In childhood, the suppression of adrenocortical function may develop more quickly. Furthermore, there may be a decrease of excretion of growth hormone. In applying the drug for a long time is required to observe the body weight, height, level of plasma cortisol. In a study in children receiving 30-60 g lokoid a week for 4 weeks, compared with 1% hydrocortisone ointment, none of the children were not detected violations of adrenocortical function, the differences hydrocortisone 17-butyrate on the indicator from conventional hydrocortisone was not observed.
Interaction with other drugs
data on drug interactions lokoid not.
Overdose
Data on overdose lokoid not. Prolonged use of high doses of the drug may increase the above-described side effects. When the symptoms of Cushing’s medication should be discontinued.
pharmachologic effect
Pharmacological group:
Glucocorticosteroids for local use.
Pharmacological properties:
Lokoid® is a synthetic non-halogenated glucocorticosteroid for external application. Esterification molecule hydrocortisone residue butyric acid (butyrate) afforded radically improve drug activity as compared to native hydrocortisone. Lokoid® has rapidly occurring anti-inflammatory, anti, antipruritic effect.

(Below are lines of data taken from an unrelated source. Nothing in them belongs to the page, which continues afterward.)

-- ===== src/Wire.antt =====
-- The two ends of the protocol together: a packet of src/driver/device.cpp, answered by the simulator of
-- src/sim/simulator.cpp.
pub mod Exchange
mod Tests
use feed_core.Prelude.{
  ℕ, zero, suc, ◌+◌, ◌*◌, ◌/◌, ◌%◌, ◌^◌, ◌≡◌, ◌<◌, ◌≤◌, refl, sym, ap, ◌∙◌, subst, List, [], ◌∷◌,
  ◌++◌, some, arith, Bytes, length, get_or, take, take_long, All,
}
use feed_core.Prelude.Words.{be32, put_be32, be32-put, be_bytes, be_words}
use feed_core.Device.Packets.{IsPacket}
use feed_core.Sim.{Simulator, respond, pkt_size_limit}
use feed_core.Sim.Replies.{IsAnswer, Echo, evens, respond-IsAnswer}

length-be_bytes : (ws : List ℕ) → length (be_bytes ws) ≡ 4 * length ws
unfolding be_bytes put_be32
length-be_bytes [] = omega arith
length-be_bytes (w ∷ ws) = omega (arith, length-be_bytes ws)

be_words-be_bytes : (ws : List ℕ) → All (λ w. w < 2 ^ 32) ws → be_words (be_bytes ws) ≡ ws
unfolding be_bytes be_words put_be32
be_words-be_bytes [] h = refl
be_words-be_bytes (w ∷ ws) h =
    ap (λ v. v ∷ be_words (be_bytes ws)) (be32-put w h.0) ∙ ap (◌∷◌ w) (be_words-be_bytes ws h.1)

length-be_words :
    (b : Bytes) → (4 * length (be_words b) ≤ length b) × (length b < 4 * length (be_words b) + 4)
unfolding be_words
length-be_words [] = omega arith
length-be_words (a ∷ []) = omega arith
length-be_words (a ∷ b ∷ []) = omega arith
length-be_words (a ∷ b ∷ c ∷ []) = omega arith
length-be_words (a ∷ b ∷ c ∷ d ∷ rest) = omega (arith, length-be_words rest)

get_or-evens : (ws : List ℕ) (k : ℕ) → get_or ws (2 * k) 0 ≡ get_or (evens ws) k 0
unfolding evens
get_or-evens [] k = refl
get_or-evens (x ∷ []) zero = refl
get_or-evens (x ∷ []) (suc k) =
    let e : 2 * suc k ≡ suc (suc (2 * k)) = omega arith in ap (λ i. get_or (x ∷ []) i 0) e
get_or-evens (x ∷ y ∷ ws) zero = refl
get_or-evens (x ∷ y ∷ ws) (suc k) =
    let e : 2 * suc k ≡ suc (suc (2 * k)) = omega arith in
    ap (λ i. get_or (x ∷ y ∷ ws) i 0) e ∙ get_or-evens ws k

-- The sequence word depends on the header alone.
header_word : (b : Bytes) → get_or (be_words (take 8 b)) 1 0 ≡ get_or (be_words b) 1 0
unfolding be_words
header_word [] = refl
header_word (a ∷ []) = refl
header_word (a ∷ b ∷ []) = refl
header_word (a ∷ b ∷ c ∷ []) = refl
header_word (a ∷ b ∷ c ∷ d ∷ []) = refl
header_word (a ∷ b ∷ c ∷ d ∷ e ∷ []) = refl
header_word (a ∷ b ∷ c ∷ d ∷ e ∷ f ∷ []) = refl
header_word (a ∷ b ∷ c ∷ d ∷ e ∷ f ∷ g ∷ []) = refl
header_word (a ∷ b ∷ c ∷ d ∷ e ∷ f ∷ g ∷ h ∷ rest) = refl

-- What handle_process looks at before it takes a word: the length, the magic word, the sequence word,
-- and the command word of each slot.
pub record IsAccepted (packet : List ℕ) (reply : Bytes) : Type 0 where
  pub long : 32 ≤ length reply
  pub same_length : length (be_words reply) ≡ length packet
  pub magic : get_or (be_words reply) 0 0 ≡ 0xfeedc0de
  pub same_seq : get_or (be_words reply) 1 0 ≡ get_or packet 1 0
  pub same_commands : (j : ℕ) → get_or (be_words reply) (j * 2 + 2) 0 ≡ get_or packet (j * 2 + 2) 0

-- When the simulator answers a well-formed packet of 32-bit words, the device finds in the answer what
-- it expects: at least 32 bytes, as many words as it sent, the magic word, the sequence word of the
-- packet, and in every slot the command word that it sent.
pub respond-IsAccepted :
    (n : ℕ) (packet : List ℕ) (reply : Bytes) (s : Simulator)
    → IsPacket n packet
    → All (λ w. w < 2 ^ 32) packet
    → (respond (be_bytes packet) s).0 ≡ some reply
    → IsAccepted packet reply
respond-IsAccepted n packet reply s p w h =
    let size = length-be_bytes packet in
    let whole : take pkt_size_limit (be_bytes packet) ≡ be_bytes packet =
      take_long pkt_size_limit (be_bytes packet) (omega (arith, p.short)) in
    let a : IsAnswer (be_bytes packet) reply =
      subst (λ t. IsAnswer t reply) whole (respond-IsAnswer (be_bytes packet) reply s h).0 in
    let same : evens (be_words reply) ≡ evens packet =
      a.echo.same_commands ∙ ap evens (be_words-be_bytes packet w) in
    let even : (k : ℕ) → get_or (be_words reply) (2 * k) 0 ≡ get_or packet (2 * k) 0 = λ k.
      get_or-evens (be_words reply) k
      ∙ (ap (λ t. get_or t k 0) same ∙ sym (get_or-evens packet k)) in
    record {
      long = omega (arith, a.echo.same_length, p.long);
      same_length = omega (arith, a.echo.same_length, length-be_words reply);
      magic = even 0 ∙ p.magic;
      same_seq =
          sym (header_word reply)
          ∙ (ap (λ t. get_or (be_words t) 1 0) a.same_header
              ∙ (header_word (be_bytes packet)
                  ∙ ap (λ t. get_or t 1 0) (be_words-be_bytes packet w)));
      same_commands = λ j.
          let e : j * 2 + 2 ≡ 2 * (j + 1) = omega arith in
          ap (λ i. get_or (be_words reply) i 0) e
          ∙ (even (j + 1) ∙ ap (λ i. get_or packet i 0) (sym e));
    }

Application lokoid at recommended doses does not cause suppression of the hypothalamic-pituitary-adrenal system. Although the use of high doses for long periods, especially when using occlusive dressings may lead to an increase in cortisol in the blood plasma, it is not usually accompanied by a decrease in reactivity of the pituitary-adrenal system, and removal of the drug results in a rapid normalization of cortisol production.
Pharmacokinetics:
Suction
After application of the active substance accumulation in the epidermis, mainly in the granular layer, systemic absorption is negligible. A small amount of hydrocortisone 17-butyrate is absorbed into the systemic circulation in an unchanged form.
Metabolism
Most of hydrocortisone 17-butyrate, hydrocortisone and metabolized to other metabolites directly in the epidermis and subsequently in the liver.
breeding
Metabolites and a small portion of unchanged hydrocortisone 17-butyrate is excreted by the kidneys and through the intestines.
Pregnancy and breast-feeding
Glucocorticosteroids cross the placenta. Effects on the fetus can be especially pronounced when applying the drug to large surfaces. No data on the number of hydrocortisone, is excreted in breast milk; It recommended to be very careful when administering the drug during lactation.

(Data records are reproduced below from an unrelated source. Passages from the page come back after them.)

-- ===== src/Wire/Exchange.antt =====
-- A word on its way: the device's command, the simulator's register, and the device's copy.
use feed_core.Prelude.{
  ℕ, ◌+◌, ◌*◌, ◌^◌, ◌<◌, ◌≡◌, refl, sym, ap, ◌∙◌, subst, Bool, true, false, not, List, [], ◌∷◌,
  some, none, arith, length, get_or, set, leb, ◌&&◌, ◌==◌, get_or-set_self, Bytes, if-elim,
  if-false,
}
use feed_core.Prelude.Bits.{land}
use feed_core.Prelude.Maps.{lookup, bytes_key, nat_key}
use feed_core.Device.Types.{
  DevReg, Device, reading, writing, reg_at, set_reg, Outcome, done, device_of,
}
use feed_core.Device.Register.{process, scan_one, scan_all, scan_interested, queue}
use feed_core.Device.Store.{reg_at-set_reg_self, length-set_reg}
use feed_core.Device.Send.{command_word}
use feed_core.Device.Receive.{
  all_true, start_queued, complete_reg, reply_offset, is_read_reply, keep_word, flag_word,
  store_word,
}
use feed_core.Device.Commands.{reply-command, or_read_small}
use feed_core.Support.Frame.{queue-Framed}
use feed_core.Sim.{SimReg, Simulator, command}
use feed_core.Sim.Table.{IsTabled}
use feed_core.Sim.Memory.{write-read}

-- The register p is there and its received words are `mem`.
pub record HasRx (p : ℕ) (mem : List ℕ) (d : Device) : Type 0 where
  pub there : p < length d.regs
  pub same_rx : (reg_at d p).mem_rx ≡ mem

module _ (p : ℕ) (mem : List ℕ) where
  set_reg-HasRx :
      (d : Device) (r : DevReg) → p < length d.regs → r.mem_rx ≡ mem → HasRx p mem (set_reg d p r)
  set_reg-HasRx d r h e = record {
    there = rw (length-set_reg d p r) h;
    same_rx = ap (λ s. s.mem_rx) (reg_at-set_reg_self d p r h) ∙ e;
  }

  process-HasRx : (d : Device) → HasRx p mem d → HasRx p mem (process p false d)
  unfolding process
  process-HasRx d h = set_reg-HasRx _ _ h.there h.same_rx

  scan_all-HasRx : (is : List ℕ) (d : Device) → HasRx p mem d → HasRx p mem (scan_all p is d)
  unfolding scan_all scan_one
  scan_all-HasRx [] d h = h
  scan_all-HasRx (i ∷ is) d h =
      scan_all-HasRx is _ (record { there = h.there; same_rx = unfold reg_at in h.same_rx })

-- The received words after a call, shut so that the outcome stays as the code writes it.
unfoldable Leaves : ℕ → List ℕ → Outcome → Type 0
Leaves p mem o = (reg_at (device_of o) p).mem_rx ≡ mem

module _ (p : ℕ) (mem : List ℕ) where
  Leaves-intro : (o : Outcome) → (reg_at (device_of o) p).mem_rx ≡ mem → Leaves p mem o
  unfolding Leaves
  Leaves-intro o h = h

  left : (o : Outcome) → Leaves p mem o → (reg_at (device_of o) p).mem_rx ≡ mem
  unfolding Leaves
  left o h = h

  queue-Leaves : (write : Bool) (d : Device) → HasRx p mem d → Leaves p mem (queue p write none d)
  queue-Leaves write d h =
      Leaves-intro _ ((queue-Framed p none d h.there write).same_rx ∙ h.same_rx)

  start_queued-Leaves : (d : Device) → HasRx p mem d → Leaves p mem (start_queued p d)
  unfolding start_queued
  start_queued-Leaves d h =
      if-elim (Leaves p mem) (reg_at d p).write_queued _ _
        (queue-Leaves true _ (set_reg-HasRx p mem d _ h.there h.same_rx))
        (if-elim (Leaves p mem) (reg_at d p).read_queued _ _
          (queue-Leaves false _ (set_reg-HasRx p mem d _ h.there h.same_rx))
          (Leaves-intro (done d) h.same_rx))

  scan_interested-HasRx : (d : Device) → HasRx p mem d → HasRx p mem (scan_interested p d)
  unfolding scan_interested
  scan_interested-HasRx d h = scan_all-HasRx p mem (reg_at d p).interested d h

  complete_reg-Leaves : (d : Device) → HasRx p mem d → Leaves p mem (complete_reg p d)
  unfolding complete_reg
  complete_reg-Leaves d h =
      if-elim (Leaves p mem) (not (all_true (reg_at d p).received)) _ _ (Leaves-intro _ h.same_rx) (
        start_queued-Leaves _ (
          scan_interested-HasRx _
            (process-HasRx p mem _ (set_reg-HasRx p mem d _ h.there h.same_rx))))

flag_word-mem_rx : (offset : ℕ) (r : DevReg) → (flag_word offset r).mem_rx ≡ r.mem_rx
unfolding flag_word
flag_word-mem_rx offset r =
    if-elim {A = DevReg} (λ x. x.mem_rx ≡ r.mem_rx) (get_or r.received offset false) _ _ refl refl

keep_word-mem_rx :
    (b : Bool) (offset value : ℕ) (r : DevReg)
    → b ≡ true
    → (keep_word b offset value r).mem_rx ≡ set r.mem_rx offset value
unfolding keep_word
keep_word-mem_rx true offset value r e = refl
keep_word-mem_rx false offset value r e = cc

within : (b : Bool) (n i : ℕ) → i < n → (b && leb n i) ≡ false
within true n i h = ground arith
within false n i h = refl

-- A word that answers a read, at an offset within the register: the register has it there.
store_word-Leaves :
    (p cmd_addr value : ℕ) (d : Device)
    → p < length d.regs
    → is_read_reply cmd_addr ≡ true
    → reply_offset cmd_addr (reg_at d p).info.base_addr < length (reg_at d p).mem_rx
    → Leaves p
        (set (reg_at d p).mem_rx (reply_offset cmd_addr (reg_at d p).info.base_addr) value)
        (store_word p cmd_addr value d)
unfolding store_word
store_word-Leaves p cmd_addr value d there is_read inside =
    let r = reg_at d p in
    let offset = reply_offset cmd_addr r.info.base_addr in
    let mem = set r.mem_rx offset value in
    let stored = keep_word (is_read_reply cmd_addr) offset value r in
    let kept : stored.mem_rx ≡ mem =
      keep_word-mem_rx (is_read_reply cmd_addr) offset value r is_read in
    let flagged = flag_word offset stored in
    let h = set_reg-HasRx p mem d flagged there (flag_word-mem_rx offset stored ∙ kept) in
    if-false (Leaves p mem) (is_read_reply cmd_addr && leb (length r.mem_rx) offset) _ _
      (within (is_read_reply cmd_addr) (length r.mem_rx) offset inside)
      (if-elim (Leaves p mem) (leb (length r.received) offset) _ _
        (Leaves-intro p mem _ (set_reg-HasRx p mem d stored there kept).same_rx)
        (if-elim (Leaves p mem) (flagged.nremaining == 0) _ _ (complete_reg-Leaves p mem _ h)
          (Leaves-intro p mem _ h.same_rx)))

stored_word :
    (p cmd_addr value offset : ℕ) (d : Device)
    → p < length d.regs
    → is_read_reply cmd_addr ≡ true
    → reply_offset cmd_addr (reg_at d p).info.base_addr ≡ offset
    → offset < length (reg_at d p).mem_rx
    → get_or (reg_at (device_of (store_word p cmd_addr value d)) p).mem_rx offset 0 ≡ value
stored_word p cmd_addr value offset d there is_read at inside =
    let mem = (reg_at d p).mem_rx in
    let rx = left p _ _ (
      store_word-Leaves p cmd_addr value d there is_read
        (subst (λ o. o < length mem) (sym at) inside)) in
    ap (λ m. get_or m offset 0) (rx ∙ ap (λ o. set mem o value) at)
    ∙ get_or-set_self mem offset value 0 inside

writing_word :
    (base offset : ℕ) → base + offset < 2 ^ 24 → command_word writing base offset ≡ base + offset
unfolding command_word
writing_word base offset h = omega arith

reading_word :
    (base offset : ℕ)
    → base + offset < 2 ^ 24
    → command_word reading base offset ≡ base + offset + 2 ^ 28
unfolding command_word
reading_word base offset h = or_read_small base offset h

-- The command word of a read, which is its own reply with a clear status.
read_word_command :
    (base offset : ℕ)
    → base + offset < 2 ^ 24
    → let word = command_word reading base offset in
      (word ≡ base + offset + 2 ^ 28)
      × (is_read_reply word ≡ true)
      × (reply_offset word base ≡ offset)
read_word_command base offset h =
    let word = command_word reading base offset in
    let r = reply-command reading base offset 0 h (omega arith) in
    let e : word + 0 * 2 ^ 24 ≡ word = omega arith in
    (
      reading_word base offset h,
      ap is_read_reply (sym e) ∙ r.1,
      ap (λ c. reply_offset c base) (sym e) ∙ r.2,
    )

-- A word of a register goes to the simulator and comes back: when the simulator's table is sound and
-- leads the address of the word, of 24 bits, to a register, and the word is within the device's
-- register, the command for a write puts the value there, within the mask of the simulator's register,
-- and the answer to the command for a read that follows leaves this word in the device's register.
pub write-read_exchange :
    (s : Simulator) (d : Device) (p offset value : ℕ) (name : Bytes)
    → IsTabled s
    → p < length d.regs
    → (reg_at d p).info.base_addr + offset < 2 ^ 24
    → lookup ((reg_at d p).info.base_addr + offset) s.reg_by_addr ≡ some name
    → offset < length (reg_at d p).mem_rx
    → let base = (reg_at d p).info.base_addr in
      let read = command_word reading base offset in
      let s1 = (command (command_word writing base offset) value s).simulator in
      let answer = (command read 0 s1).data_word in
      (reg : SimReg) × (lookup name s.reg_by_name ≡ some reg)
      × (get_or (reg_at (device_of (store_word p read answer d)) p).mem_rx offset 0
          ≡ land 32 value reg.mask)
write-read_exchange s d p offset value name tabled there low mapped inside =
    let base = (reg_at d p).info.base_addr in
    let w = read_word_command base offset low in
    let m = (write-read s (base + offset) value 0 name tabled low mapped).1 in
    (
      m.0,
      m.1,
      rw (writing_word base offset low, w.0)
          (stored_word p (base + offset + 2 ^ 28) _ offset d there
              (subst (λ c. is_read_reply c ≡ true) w.0 w.1)
              (subst (λ c. reply_offset c base ≡ offset) w.0 w.2) inside
            ∙ m.2),
    )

Conditions of supply of pharmacies
Without a prescription.
side effects
Local reactions: skin irritation, on rare occasions – other local reactions characteristic of the outer steroid therapy.
Systemic reactions:
With prolonged use, applied to large surfaces and / or the use of occlusion may experience side effects characteristic of systemic corticosteroids. The risk of local and systemic side effects when applied lokoid lower than when using a fluorinated steroid.
special instructions
Do not apply Lokoid in the periorbital region due to the risk of developing glaucoma. At regular contact with the conjunctiva there is a risk of increasing intraocular pressure.
Any steroids for external application in the form of ointments not desirable to use on the scalp, as well as acute inflammation (particularly exudative). For the treatment of steroid-responsive skin lesions localized in the face, folds, genitals and skin sections with abundant scalp preferable to use other lokoid dosage forms (cream, Krel).
The drug is not desirable to use in the presence of atrophic skin changes.
The risk of local and systemic side effects increases when applied to large swathes of destruction, long-term use, and the use of occlusion in childhood.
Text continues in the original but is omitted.